Avro

Summary: A binary encoding format that uses a writer’s and a reader’s schema for flexible and efficient data representation.

Sources: chapter4

Last updated: 2026-04-15


Apache Avro was started in 2009 as a subproject of Hadoop. It differs significantly from thrift and protocol-buffers by NOT using field tags.

Schema-Based Encoding

Avro’s binary format contains no field names or tags. It simply concatenates the values in the order they appear in the schema. This makes Avro the most compact binary format of all.

Writer’s and Reader’s Schema

The key to Avro is the distinction between two schemas:

  1. Writer’s Schema: The schema used to encode the data.
  2. Reader’s Schema: The schema the application expects when reading the data.

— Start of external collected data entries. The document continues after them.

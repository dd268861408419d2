-- ===== src/Storage/SlottedPage/Reads.antt =====
-- What a slot shows: its record and its generation, or that there is none.
use mo_db.Prelude.{
  ℕ, leb, le→leb, leb-false, leb→le, leb-false→lt, take, zero, suc, ◌+◌, ◌-◌, ◌≤◌, ◌<◌, ◌≡◌, ◌≢◌,
  inl, inr, refl, sym, ap, ◌∙◌, arith, List, ◌∷◌, ==_ne, Bool-cases, zero-cases, true, false,
}
use mo_db.Storage.SlottedPage.{
  Page, subspan, record_offset, record_size, record_capacity, slot_generation, slot_count,
  free_start, free_end, live_capacity, compact, is_missing, read_in, generation_in, free_space,
  dead_bytes,
}
use mo_db.Storage.SlottedPage.Slots.{IsPage}
use mo_db.Error.{ok, err, slot_not_found}
use mo_db.Storage.SlottedPage.Room.{live_capacity-le}
use mo_db.Storage.SlottedPage.Moved.{IsCopied}
use mo_db.Storage.SlottedPage.Compact.{IsCompacted, compact-IsCompacted}

-- Both pages show the same at a slot.
pub record IsAlike (p q : Page) (slot : ℕ) : Type 0 where
  pub read : read_in q slot ≡ read_in p slot
  pub generation : generation_in q slot ≡ generation_in p slot

pub missing : (p : Page) (slot : ℕ) → slot_count p ≤ slot → is_missing p slot ≡ true
unfolding is_missing
missing p slot h = rw (le→leb (slot_count p) slot h) refl

pub free_missing : (p : Page) (slot : ℕ) → record_size p slot ≡ 0 → is_missing p slot ≡ true
unfolding is_missing
free_missing p slot h = elim (Bool-cases (leb (slot_count p) slot)) [
  | inl a ↦ rw a refl
  | inr a ↦ rw (a, h) refl
]

pub present :
    (p : Page) (slot : ℕ) → slot < slot_count p → record_size p slot ≢ 0 → is_missing p slot ≡ false
unfolding is_missing
present p slot h k = rw (leb-false (slot_count p) slot h, ==_ne (record_size p slot) 0 k) refl

pub read_in-missing :
    (p : Page) (slot : ℕ) → is_missing p slot ≡ true → read_in p slot ≡ err slot_not_found
unfolding read_in
read_in-missing p slot h = rw h refl

pub read_in-present :
    (p : Page) (slot : ℕ)
    → slot < slot_count p
    → record_size p slot ≢ 0
    → (read_in p slot ≡ ok (subspan p (record_offset p slot) (record_size p slot)))
      × (generation_in p slot ≡ ok (slot_generation p slot))
unfolding read_in generation_in
read_in-present p slot h k = rw (present p slot h k) (refl, refl)

pub missing-IsAlike :
    (p q : Page) (slot : ℕ) → is_missing p slot ≡ true → is_missing q slot ≡ true → IsAlike p q slot
unfolding read_in generation_in
missing-IsAlike p q slot h k = record { read = rw (h, k) refl; generation = rw (h, k) refl }

-- Slots of the same size and generation whose bytes are the same.
pub present-IsAlike :
    (p q : Page) (slot : ℕ)
    → slot < slot_count p
    → slot < slot_count q
    → record_size q slot ≡ record_size p slot
    → slot_generation q slot ≡ slot_generation p slot
    → (record_size p slot ≢ 0
        → subspan q (record_offset q slot) (record_size p slot)
          ≡ subspan p (record_offset p slot) (record_size p slot))
    → IsAlike p q slot
present-IsAlike p q slot h k e g content = elim (zero-cases (record_size p slot)) [
  | inl z ↦ missing-IsAlike p q slot (free_missing p slot z) (free_missing q slot (e ∙ z))
  | inr z ↦
      let (rp, gp) = read_in-present p slot h z in
      let (rq, gq) = read_in-present q slot k (λ u. z (sym e ∙ u)) in
      record {
        read = rq ∙ ap ok (ap (subspan q (record_offset q slot)) e ∙ content z) ∙ sym rp;
        generation = gq ∙ ap ok g ∙ sym gp;
      }
]

pub take-subspan : (p : Page) (o k n : ℕ) → k ≤ n → take k (subspan p o n) ≡ subspan p o k
unfolding subspan
take-subspan p o zero n h = refl
take-subspan p o (suc k) zero h = absurd (omega arith)
take-subspan p o (suc k) (suc n) h =
    ap (λ (t : List ℕ). p o ∷ t) (take-subspan p (o + 1) k n (omega arith))

-- `compact` changes nothing that a client sees, and gathers all that is free.
module _ (p : Page) (w : IsPage p) where
  abbrev c : IsCompacted p (compact p)
  c = compact-IsCompacted p w

  pub compact-IsAlike : (slot : ℕ) → IsAlike p (compact p) slot
  compact-IsAlike slot = elim (Bool-cases (leb (slot_count p) slot)) [
    | inl out ↦
        missing-IsAlike p (compact p) slot (missing p slot (leb→le (slot_count p) slot out))
          (missing (compact p) slot (omega (arith, c.count, leb→le (slot_count p) slot out)))
    | inr there ↦
        let b : slot < slot_count p = leb-false→lt (slot_count p) slot there in
        let k : IsCopied p (compact p) (free_end (compact p)) slot = c.copied slot b in
        let fits : record_size p slot ≤ record_capacity p slot = (w.slot slot b).fits in
        present-IsAlike p (compact p) slot b (omega (arith, c.count, b)) k.size k.generation (λ z.
          sym (
            take-subspan (compact p) (record_offset (compact p) slot) (record_size p slot)
              (record_capacity p slot) fits)
          ∙ ap (take (record_size p slot)) k.content
          ∙ take-subspan p (record_offset p slot) (record_size p slot) (record_capacity p slot)
              fits)
  ]

  pub free_space-IsPage : free_space p ≡ free_end p - free_start p
  unfolding free_space
  free_space-IsPage = omega (arith, w.low, w.high)

  pub dead_bytes-IsPage : dead_bytes p ≡ 8192 - free_end p - live_capacity (slot_count p) p
  unfolding dead_bytes
  dead_bytes-IsPage = omega (arith, w.high, live_capacity-le p (slot_count p) w (omega arith))

pub live_capacity-cong :
    (p q : Page) (n : ℕ)
    → ((i : ℕ)
        → i < n
        → (record_size q i ≡ record_size p i) × (record_capacity q i ≡ record_capacity p i))
    → live_capacity n q ≡ live_capacity n p
unfolding live_capacity
live_capacity-cong p q zero h = refl
live_capacity-cong p q (suc n) h =
    let (s, k) = h n (omega arith) in
    rw (s, k, live_capacity-cong p q n (λ i a. h i (omega arith))) refl

-- `compact` of a well-formed page is well formed, shows the same at every slot, has no dead bytes,
-- and its free space is that of the page and its dead bytes together.
pub compact_lem :
    (p : Page)
    → IsPage p
    → IsPage (compact p)
      × ((slot : ℕ) → IsAlike p (compact p) slot)
      × (dead_bytes (compact p) ≡ 0)
      × (free_space (compact p) ≡ free_space p + dead_bytes p)
compact_lem p w =
    let c : IsCompacted p (compact p) = compact-IsCompacted p w in
    let live : live_capacity (slot_count (compact p)) (compact p) ≡ live_capacity (slot_count p) p =
      ap (λ (n : ℕ). live_capacity n (compact p)) c.count
      ∙ live_capacity-cong p (compact p) (slot_count p)
          (λ i a. let k = c.copied i a in (k.size, k.capacity)) in
    (
      c.page,
      compact-IsAlike p w,
      omega (arith, dead_bytes-IsPage (compact p) c.page, live, c.end),
      omega (
        arith,
        free_space-IsPage (compact p) c.page,
        free_space-IsPage p w,
        dead_bytes-IsPage p w,
        c.end,
        c.start,
        w.low,
        w.high,
        live_capacity-le p (slot_count p) w (omega arith),
      ),
    )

Avro resolves differences between the two schemas during decoding by looking at them side-by-side.

Schema Evolution Rules

  • Forward Compatibility: You can have a newer version of the schema as writer and an older version as reader.
  • Backward Compatibility: You can have a newer version as reader and an older version as writer.

Key Rules

  • To maintain compatibility, only add or remove fields with a default value.
  • Changing a field’s name is backward-compatible but NOT forward-compatible.

Advantages

  • No Tag Numbers: Avoids the need for manual tag management.
  • Dynamic Generation: Friendly for dynamically generated schemas (e.g., from database tables).
  • Self-Describing: Binary files (Object Container Files) embed the writer’s schema, making them easy to share.